Фактически мы не находились ни в какой из крайностей.
Мы не находились нигде. Потому что перестали жить. Потому что давно не живём. Мы существуем. По инерции. (Нам – это уже смело можно отнести к категории постулатов, – не привалит необыкновенное счастье ассимилироваться в «новых» землях: гусь свинье не товарищ!) А проще сказать – мы вообще не существуем. Нас нет. Потому что мы не нужны нигде. И, судя по всему, нам уже никто не нужен.
Что я ещё мог ответить?
Кому, как не мне, было хорошо известно, что Белу (как женщину, как жену, как мать) никогда не интересовали аксиомы и философские формулы типа «разных людей»?
Её всегда интересовали конкретные мы: где есть эти «мы» и как эти «мы» устроены.
И главное было в том, что нам не в первый раз приходилось всё начинать с нуля. (Не в первый раз!) А это что-то, да значило.
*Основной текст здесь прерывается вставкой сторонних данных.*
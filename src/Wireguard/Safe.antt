-- ===== src/Wireguard/Safe.antt =====
-- internal/wireguard/wireguard.go: `addPeer` does not panic on a tunnel with an IPv4 address and
-- three keys.
use mesh_manager.Wireguard.{Run, done, stopped, crashed}

abbrev pub Survives : {S A : Type 0} → Run S A → Type 0
Survives (done s a) = Unit
Survives (stopped s) = Unit
Survives (crashed s) = ⊥
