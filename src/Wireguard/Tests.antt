-- ===== src/Wireguard/Tests.antt =====
-- internal/wireguard/wireguard.go on a kernel that records the calls made.
use mesh_manager.Common.{
  ℕ, ◌≡◌, ◌≢◌, ◌↔◌, refl, Bool, true, false, List, [], ◌∷◌, ◌++◌, none, some, Bytes, codes, equal,
  arith, itoa, parse_int, split, equal, if◌then◌else◌,
}
use mesh_manager.Net.{Ip4, parse_ip}
use mesh_manager.Models.{Tunnel, no_tunnel, interface_name}
use mesh_manager.Wireguard.{
  Call, link_set_down, Kernel, World, addrs_are, done, client_ip, link_local,
}
use mesh_manager.Wireguard.SetUp.{
  set_up_peer, set_address, set_link_local, set_device, bring_up, peer_address, add_link_local,
  list_addrs, device_of, add_rules, client_device, server_device, dial_host,
}
use mesh_manager.Wireguard.Address.{client_ip_slots}
use mesh_manager.Wireguard.Calls.{perform_all}
use mesh_manager.Wireguard.Complete.{set_up_peer_succeeds}
use mesh_manager.Wireguard.Plan.{Planned, set_up_peer-Planned}

abbrev refuses_down : Call → Bool
refuses_down (link_set_down iface) = true
refuses_down _ = false

-- A kernel whose state is the calls made so far, and which refuses to take a link down.
abbrev recorder : Kernel
recorder = record {
  State = List Call;
  perform = λ s c. if refuses_down c then none else some (s ++ c ∷ []);
  link_by_name = λ s iface. elim s [ [] ↦ none | c ∷ cs ↦ some true ];
  addr_list = λ s iface n. addrs_are [];
}

abbrev world : World
world = record {
  random = λ n. true;
  parse_v6 = λ s. none;
  parse_key = λ s. some s;
  free_port = some 40000;
  resolve = λ s. none;
}

abbrev key : Bytes
key = codes "AAAAAAAAAAAAAAAAAAAAAAAAAAAAAAAAAAAAAAAAAAA="

abbrev client : Tunnel
client = record no_tunnel {
  id = 7;
  ip = codes "172.31.0.16";
  hostname = codes "44.0.0.1:5527";
  password = key ++ (key ++ key);
  client = true;
  is_wireguard = true;
}

abbrev after_set_up : List Call
after_set_up = elim (set_up_peer recorder world client []) [ done s u ↦ s | _ ↦ [] ]

set_up_peer-Planned_example : Planned recorder world client [] after_set_up
unfolding interface_name itoa equal split set_up_peer set_address set_link_local set_device bring_up
    peer_address add_link_local list_addrs device_of client_device dial_host add_rules parse_ip
    parse_int client_ip link_local
set_up_peer-Planned_example = set_up_peer-Planned recorder world client [] after_set_up tt refl

abbrev slot : ℕ → Ip4
slot n = record { o0 = 172; o1 = 31; o2 = 0; o3 = n }

client_ip_slots_example :
    (client_ip (slot 16) ≡ slot 17)
    × (client_ip (slot 16) ≢ slot 20)
    × (client_ip (slot 16) ≡ client_ip (slot 20) ↔ slot 16 ≡ slot 20)
client_ip_slots_example = client_ip_slots (slot 16) (slot 20) (ground arith) (ground arith)

abbrev server : Tunnel
server = record no_tunnel {
  id = 8;
  ip = codes "172.31.0.20";
  password = key ++ (key ++ key);
  is_wireguard = true;
  wireguard_server_key = key;
  wireguard_port = 5527;
}

abbrev after_server : List Call
after_server = elim (set_up_peer recorder world server []) [ done s u ↦ s | _ ↦ [] ]

abbrev after_address : List Call
after_address = elim (set_address recorder world server []) [ done s a ↦ s | _ ↦ [] ]

set_up_peer_succeeds_example : set_up_peer recorder world server [] ≡ done after_server tt
unfolding interface_name itoa equal split set_up_peer set_address set_link_local set_device bring_up
    peer_address add_link_local list_addrs device_of server_device add_rules parse_ip parse_int
    link_local perform_all
set_up_peer_succeeds_example =
    set_up_peer_succeeds recorder world server (slot 20) key key (λ i. []) [] after_address
      after_server refl refl refl (omega arith) refl (λ i. refl) refl (λ i. refl) refl
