-- ===== src/Lab/Filter/Atr.antt =====
-- filter_models.py: the ATR volatility filter.
use quantconnect.Prelude.{
  ℕ, ◌-◌, ◌==◌, ltb, Bool, false, ◌&&◌, Option, none, some, List, [], ◌∷◌, ◌++◌, String,
  if◌then◌else◌, length, is_some, Result, ok, value_of, value_error, raise_if, ◌>>=◌, ◌>>◌,
}
use quantconnect.Num.{Num, le, max_of, abs_of, divide, sum_of}
use quantconnect.Lab.Market.{Bar}

module _ (N : Num) where
  open N use {F, lt, add, sub, mul, of_ℕ}

  pub record AtrVolatility : Type 0 where
    pub period : ℕ
    pub minimum_percent : F
    pub maximum_percent : F
    pub previous_close : Option F
    pub true_ranges : List F
    pub atr_value : Option F
    pub atr_percent : Option F

  unfoldable pub atr_ready : AtrVolatility → Bool
  atr_ready m = is_some m.atr_percent

  abbrev pub atr_range : Bar N → F → F
  atr_range bar previous =
      max_of N (max_of N (sub bar.high bar.low) (abs_of N (sub bar.high previous)))
        (abs_of N (sub bar.low previous))

  -- The range is collected, or averaged in.
  unfoldable pub atr_average : AtrVolatility → Option F → F → Result AtrVolatility
  atr_average m none range =
      let ranges = m.true_ranges ++ range ∷ [] in
      if length ranges == m.period
      then (do
        average ← divide N (sum_of N ranges) (of_ℕ m.period)
        ok (record m { true_ranges = ranges; atr_value = some average }))
      else ok (record m { true_ranges = ranges })
  atr_average m (some value) range = do
    average ← divide N (add (mul value (of_ℕ (m.period - 1))) range) (of_ℕ m.period)
    ok (record m { atr_value = some average })

  -- The percentage is renewed where there is an average and the close is above zero.
  unfoldable pub atr_rate : AtrVolatility → Option F → F → Result AtrVolatility
  atr_rate m none close = ok m
  atr_rate m (some value) close =
      if lt (of_ℕ 0) close
      then (do
        share ← divide N value close
        ok (record m { atr_percent = some (mul share (of_ℕ 100)) }))
      else ok m

  -- The body of `if self.previous_close is not None`.
  unfoldable pub atr_move : AtrVolatility → Option F → Bar N → Result AtrVolatility
  atr_move m none bar = ok m
  atr_move m (some previous) bar = do
    averaged ← atr_average m m.atr_value (atr_range bar previous)
    atr_rate averaged averaged.atr_value bar.close

  unfoldable pub atr_take : AtrVolatility → Bar N → Result AtrVolatility
  unfolding atr_move
  atr_take m bar = do
    moved ← atr_move m m.previous_close bar
    ok (record moved { previous_close = some bar.close })

  unfoldable pub atr_allows : AtrVolatility → Result Bool
  unfolding atr_ready
  atr_allows m =
      if atr_ready m
      then (do
        percent ← value_of m.atr_percent
        ok (le N m.minimum_percent percent && lt percent m.maximum_percent))
      else ok false

  unfoldable pub atr_regime : AtrVolatility → Result String
  unfolding atr_ready
  atr_regime m =
      if atr_ready m
      then (do
        percent ← value_of m.atr_percent
        ok (
            if lt percent m.minimum_percent
            then "low_volatility"
            else if le N m.maximum_percent percent
            then "high_volatility"
            else "eligible_volatility"))
      else ok "not_ready"

  unfoldable pub new_atr_volatility : ℕ → F → F → Result AtrVolatility
  new_atr_volatility period minimum_percent maximum_percent = do
    raise_if (ltb period 1) value_error
    raise_if (lt minimum_percent (of_ℕ 0)) value_error
    raise_if (le N maximum_percent minimum_percent) value_error
    ok (record {
      period = period;
      minimum_percent = minimum_percent;
      maximum_percent = maximum_percent;
      previous_close = none;
      true_ranges = [];
      atr_value = none;
      atr_percent = none;
    })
А что, у Левитина – всё не с нуля?..
Марк Твен сказал, что «нельзя полагаться на собственные глаза, если воображение не в фокусе».
Салтыков-Щедрин выразился иначе: «ничем не ограниченное воображение создаёт мнимую действительность».
Я не мог представить себе ассимилировавшегося в новых землях Борьку в униформе (предположим) офис-менеджера, или торгового агента, или официанта питейного заведения с подносиком в руке – сорокалетнего дядьку с недельной небритостью, дикими манерами и пулемётными очередями: «Что желаете, мать вашу перемать, господа хорошие?»